Kaschmir zwischen indo-pakistanischer Front

■ Erneut Tote in Kaschmir nach verstärkter Truppenstationierung / Benazir Bhutto wirbt bei arabischen Ländern um Unterstützung

Jammu/Islamabad (afp/wps) Schußwechsel im indischen Bundesstaat Jammu Kaschmir forderten am Mittwoch erneut sieben Menschenleben und 16 Verletzte. In der Hauptstadt Srinagar explodierte auf eine Markt unweit eines Regierungsgebäudes eine Handgranate. Nach Augenzeugenberichten haben indische Soldaten auf Zivilisten geschossen, nachdem sie von islamischen „Separatisten“, die sich unter die Menge gemischt hatten, angegriffen worden seien. Wie die indische Nachrichtenagentur 'pti‘ berichtete, griff nach den Gefechten Panik um sich. Die zehnstündige Aufhebung der Ausgangssperre sei daraufhin unterbrochen worden.

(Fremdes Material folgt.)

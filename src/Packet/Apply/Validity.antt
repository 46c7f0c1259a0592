-- ===== src/Packet/Apply/Validity.antt =====
-- Proofs on the rows that `Apply` (internal/packetissuance/transitions.go) returns.
use chrono_desk.Packet.Apply.Cases.{one_row-All}
use chrono_desk.Packet.Rows.Lookup.{find_row-All, index_rows-IsValid}
use chrono_desk.Packet.Validate.{validate_registration}
use chrono_desk.Packet.Moves.Validity.{apply_move-IsValid}
use chrono_desk.Packet.Persons.Validity.{
  apply_change_race-IsValid, apply_edit_person-IsValid, apply_issue-IsValid,
  apply_release_to_reserve-IsValid, apply_replace_person-IsValid, apply_set_dns-IsValid,
  apply_undo_issue-IsValid,
}
use chrono_desk.Packet.Numbers.Validity.{
  apply_assign_number-IsValid, apply_clear_number-IsValid, apply_create_registration-IsValid,
  apply_return_to_reserve-IsValid, apply_unassign_number-IsValid,
}
use chrono_desk.Packet.Validate.Parts.{IsValid, IsValidChange, validate_registration-IsValid}
use chrono_desk.Packet.Apply.{apply, transition}
use chrono_desk.Packet.Rows.{find_row, index_rows}
use chrono_desk.Prelude.{All, List, [], some, ◌≡◌, All-map}
use chrono_desk.Packet.Model.{
  registration_eq, assign_number, create_registration, Change, Command, CommandType, Registration,
  assign_reserve, change_race, clear_number, correct_move, edit_person, issue, move_race,
  move_to_reserve, ok, other_type, release_to_reserve, replace_person, resolve_conflict,
  return_to_reserve, set_dns, unassign_number, undo_issue, >>=-eq-ok, or_fail, or_fail-eq-ok,
  registration_not_found,
}

transition-IsValid :
    (type : CommandType) (records rows : List Registration) (source : Registration)
    (command : Command) {changes : List Change}
    → IsValid source
    → ((target : Registration) → find_row command.target_id rows ≡ some target → IsValid target)
    → transition type records rows source command ≡ ok changes
    → All IsValidChange changes
unfolding transition
transition-IsValid assign_number records rows source command v w h =
    one_row-All IsValidChange source _
      (λ a e. (v, apply_assign_number-IsValid records source command v e)) h
transition-IsValid create_registration records rows source command v w h =
    one_row-All IsValidChange source _
      (λ a e. (v, apply_create_registration-IsValid records source command v e)) h
transition-IsValid return_to_reserve records rows source command v w h =
    apply_return_to_reserve-IsValid rows source command v w h
transition-IsValid clear_number records rows source command v w h =
    one_row-All IsValidChange source _ (λ a e. (v, apply_clear_number-IsValid source v e)) h
transition-IsValid unassign_number records rows source command v w h =
    one_row-All IsValidChange source _ (λ a e. (v, apply_unassign_number-IsValid source v e)) h
transition-IsValid issue records rows source command v w h =
    one_row-All IsValidChange source _ (λ a e. (v, apply_issue-IsValid source v e)) h
transition-IsValid undo_issue records rows source command v w h =
    one_row-All IsValidChange source _ (λ a e. (v, apply_undo_issue-IsValid source command v e)) h
transition-IsValid set_dns records rows source command v w h =
    one_row-All IsValidChange source _ (λ a e. (v, apply_set_dns-IsValid source command v e)) h
transition-IsValid release_to_reserve records rows source command v w h =
    one_row-All IsValidChange source _ (λ a e. (v, apply_release_to_reserve-IsValid source v e)) h
transition-IsValid edit_person records rows source command v w h =
    one_row-All IsValidChange source _ (λ a e. (v, apply_edit_person-IsValid source command v e)) h
transition-IsValid change_race records rows source command v w h =
    one_row-All IsValidChange source _ (λ a e. (v, apply_change_race-IsValid source command v e)) h
transition-IsValid replace_person records rows source command v w h =
    one_row-All IsValidChange source _ (λ a e. (v, apply_replace_person-IsValid source command v e))
      h
transition-IsValid move_race records rows source command v w h =
    apply_move-IsValid rows source command v w h
transition-IsValid move_to_reserve records rows source command v w h =
    apply_move-IsValid rows source command v w h
transition-IsValid assign_reserve records rows source command v w h =
    apply_move-IsValid rows source command v w h
transition-IsValid correct_move records rows source command v w h = cc
transition-IsValid resolve_conflict records rows source command v w h = cc
transition-IsValid (other_type s) records rows source command v w h = cc

-- Every row in a change that `Apply` returns, before and after, passes `ValidateRegistration`.
pub apply-IsValid :
    (records : List Registration) (command : Command) {changes : List Change}
    → apply records command ≡ ok changes
    → All
        (λ c. (validate_registration c.before ≡ ok tt) × (validate_registration c.after ≡ ok tt))
        changes
unfolding apply
apply-IsValid records command h =
    let (rows, e0, h0) = >>=-eq-ok (index_rows [] records) _ h in
    let (source, e1, h1) =
      >>=-eq-ok (or_fail (find_row command.registration_id rows) registration_not_found) _ h0 in
    let valid = index_rows-IsValid [] records tt e0 in
    let found = or_fail-eq-ok (find_row command.registration_id rows) registration_not_found e1 in
    All-map _ _ passes _ (
      transition-IsValid command.type records rows source command
        (find_row-All IsValid command.registration_id rows valid found)
        (λ target. find_row-All IsValid command.target_id rows valid) h1)
  where
    passes :
        (c : Change)
        → IsValidChange c
        → (validate_registration c.before ≡ ok tt) × (validate_registration c.after ≡ ok tt)
    passes c (v, w) =
        (validate_registration-IsValid c.before v, validate_registration-IsValid c.after w)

Die Gefechte eskalieren zu einem Zeitpunkt, da die indische Regierung die alljährliche Umsiedlung ihrer Angestellten von der Winterhauptstadt Jammu in die Sommerresidenz Srinagar vornimmt. Unter diesen befinden sich nicht wenige Hindus, die sich bereits im vergangenen Winter vor den Drohungen der fundamentalistischen Muslime in Sicherheit zu bringen suchten.

Einem Journalisten der 'Los Angeles Times‘ gelang es vergangene Woche drei Tage mit dem Fahrrad durch Srinagar zu touren, das der Presse seit zwei Monaten unzugänglich ist. Die Feuergefecht zwischen den aufgestockten indischen Truppen und den Separatisten haben nach seinem Bericht bereits Spuren an den Hauswänden der Himalayaidylle hinterlassen.

Touristen, die bislang achtzig Prozent aller Einnahmen mitbrachten, sind aus dem Straßenbild verschwunden. Die Ökonomie droht zusammenzubrechen und jeder lebt in Angst und Schrecken - entweder vor den Mukhbirs, den Militärspitzeln, oder den Mudschaheddin, den heiligen Kriegern, die fast die Hälfte des bewaffneten Widerstands gegen die indische Regierung stellen. „Wir haben nur die Alternative Mudschaheddin oder Mukhbir zu werden“, beklagte ein bekannter Kaschmiri Geschäftsmann, der ungenannt bleiben wollte. „So oder so ist man seines Lebens nicht mehr sicher. Aber im Augenblick versteht sich so gut wie jeder als Mudschaheddin. Jeder will die Unabhängigkeit.“

Nach Berichten der urdusprachigen Tageszeitung 'Daily Jang‘ soll die pakistanische Ministerpräsidentin Bhutto eine Reise in verschiedene arabische Länder unternehmen, um für Unterstützung der Separatisten im indischen Teil Kaschmirs zu werben. Sie wird ihre Reise am 15.Mai mit einem Besuch des Iran beginnen, das seine Unterstützung für die überwiegend moslemische Bevölkerung des umstrittenen Bundesstates bereits zugesichert hat. Neu-Delhi hatte Islamabad mehrfach beschuldigt, der muslimischen Guerilla in materielle Unterstützung zu gewähren. Pakistan hatte dies jedoch immer bestritten.